虽然不完全如此,可以将staging_dir的每个文件夹对应理解成build_dir的产物
这里有编译过程的大体介绍:
http://wiki.openwrt.org/doc/howto/build
http://downloads.openwrt.org/docs/buildroot-documentation.html
openwrt是一个高度定制版的buildroot,官网有它的介绍:
http://wiki.openwrt.org/about/toolchain
使用这个系统,可以基本做到全自动的编译过程。
bin目录下面的文件粗看可以分为两类:
openwrt-ar71xx-generic-a02-rb-w300n-squashfs-factory.bin
openwrt-ar71xx-generic-a02-rb-w300n-squashfs-sysupgrade.bin
其中这两个的区别是(转自http://see.sl088.com/wiki/Openwrt_factory%E5%9B%BA%E4%BB%B6/%E4%B8%BA%E4%BD%95%E5%85%88%E5%88%B7factory):
factory是用来从原厂固件升级到openwrt用的。 sysupgrade是用来给openwrt升级用的
无论你是升级还是从官方方刷openwrt,openwrt-XXXXXXX-factory.bin的固件都是适用的。 而openwrt-XXXXXXX-sysupgrade.bin.固件只能用来升级用。

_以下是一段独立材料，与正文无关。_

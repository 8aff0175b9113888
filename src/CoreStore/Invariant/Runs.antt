-- ===== src/CoreStore/Invariant/Runs.antt =====
-- The changes that the operations make of the table runs keep its invariant.
use harness_security_gateway.Prelude.{◌≡◌, Bool, true, List, [], ◌∷◌, arith}
use harness_security_gateway.Prelude.Bytes.{Bytes}
use harness_security_gateway.Prelude.Tables.{update_where, delete_where, All}
use harness_security_gateway.Prelude.Tables.Laws.{
  count_where-delete_le, count_where-update_le_of, All-delete, All-update,
}
use harness_security_gateway.CoreStore.Types.{Run, SessionKey, is_active}
use harness_security_gateway.CoreStore.Tables.{has_id, holds_scope}
use harness_security_gateway.CoreStore.Dispatch.{has_dispatch_token}
use harness_security_gateway.CoreStore.Invariant.{IsValidRun, IsRunTable}

-- An update of rows that keeps identifiers and scopes, and makes no row hold a token, be active or
-- be nonterminal that was not.
pub record IsMild (R : Run → Type 0) (q : Run → Bool) (f : Run → Run) : Type 0 where
  pub valid : (x : Run) → R x → q x ≡ true → IsValidRun x → IsValidRun (f x)
  pub same_id : (x : Run) → (f x).id ≡ x.id
  pub token :
      (t : Bytes) (x : Run)
      → R x
      → q x ≡ true
      → has_dispatch_token t (f x) ≡ true
      → has_dispatch_token t x ≡ true
  pub active :
      (x : Run) → R x → q x ≡ true → is_active (f x).state ≡ true → is_active x.state ≡ true
  pub scope :
      (key : SessionKey) (x : Run)
      → R x
      → q x ≡ true
      → holds_scope key (f x) ≡ true
      → holds_scope key x ≡ true

All-both :
    (R : Run → Type 0) (runs : List Run)
    → All R runs
    → All IsValidRun runs
    → All (λ x. R x × IsValidRun x) runs
All-both R [] a b = tt
All-both R (x ∷ runs) a b = ((a.0, b.0), All-both R runs a.1 b.1)

pub update-IsRunTable :
    (R : Run → Type 0) (q : Run → Bool) (f : Run → Run) (runs : List Run)
    → IsMild R q f
    → All R runs
    → IsRunTable runs
    → IsRunTable (update_where q f runs)
unfolding has_id
update-IsRunTable R q f runs m r t = record {
  rows =
      All-update (λ x. R x × IsValidRun x) IsValidRun q f runs (λ x e h. m.valid x h.0 e h.1)
        (λ x e h. h.1) (All-both R runs r t.rows);
  ids = λ id. omega (
    arith,
    count_where-update_le_of R (has_id id) q f runs r (λ x _ _ h. rw m.same_id at h),
    t.ids id,
  );
  tokens = λ token. omega (
    arith,
    count_where-update_le_of R (has_dispatch_token token) q f runs r (m.token token),
    t.tokens token,
  );
  one_active = omega (
    arith,
    count_where-update_le_of R (λ x. is_active x.state) q f runs r m.active,
    t.one_active,
  );
  one_per_scope = λ key. omega (
    arith,
    count_where-update_le_of R (holds_scope key) q f runs r (m.scope key),
    t.one_per_scope key,
  );
}

pub delete-IsRunTable :
    (q : Run → Bool) (runs : List Run) → IsRunTable runs → IsRunTable (delete_where q runs)
delete-IsRunTable q runs t = record {
  rows = All-delete IsValidRun q runs t.rows;
  ids = λ id. omega (arith, count_where-delete_le (has_id id) q runs, t.ids id);
  tokens = λ k. omega (arith, count_where-delete_le (has_dispatch_token k) q runs, t.tokens k);
  one_active = omega (arith, count_where-delete_le (λ x. is_active x.state) q runs, t.one_active);
  one_per_scope =
      λ k. omega (arith, count_where-delete_le (holds_scope k) q runs, t.one_per_scope k);
}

如TTL救砖就不能用sysupgrade的固件。
其中这里又进一步说明了:
http://www.cnblogs.com/siikee/p/4224086.html
bin文件下还有很多ipk文件,这些文件是opkg包管理系统的文件,在openwrt
运行起来的时候可以使用opkg安装,用起来和debian的deb差不多。
另外,openwrt 官方说了,the bootloader is not part of OpenWrt
http://wiki.openwrt.org/doc/techref/bootloader
而且,bootloader对于每一个路由器都是不一样的,负责将最底层开起来。厂家也不见得会将最底层的
代码开源。
目前有很多卖修改好的openwrt路由器,一个卖点就是不死uboot,就是说
你的firmware不管怎么刷都可以恢复,它包括一个网页接口,可以上传firmware
到路由器上,这样大大方便了openwrt的调试。
openwrt的menuconfig是定制好的,项目在config**.in里面:
最后看看openwrt 的patch系统
package的很多子目录都包含这两个东西,patches 是一些patch,Makefile包含了下载地址和其他的一些信息。
当发现这些用户空间软件出问题的时候,为其加patch就可以了,
实际上linux kernel出问题时,也可以这样类似地对其加一些patch进去。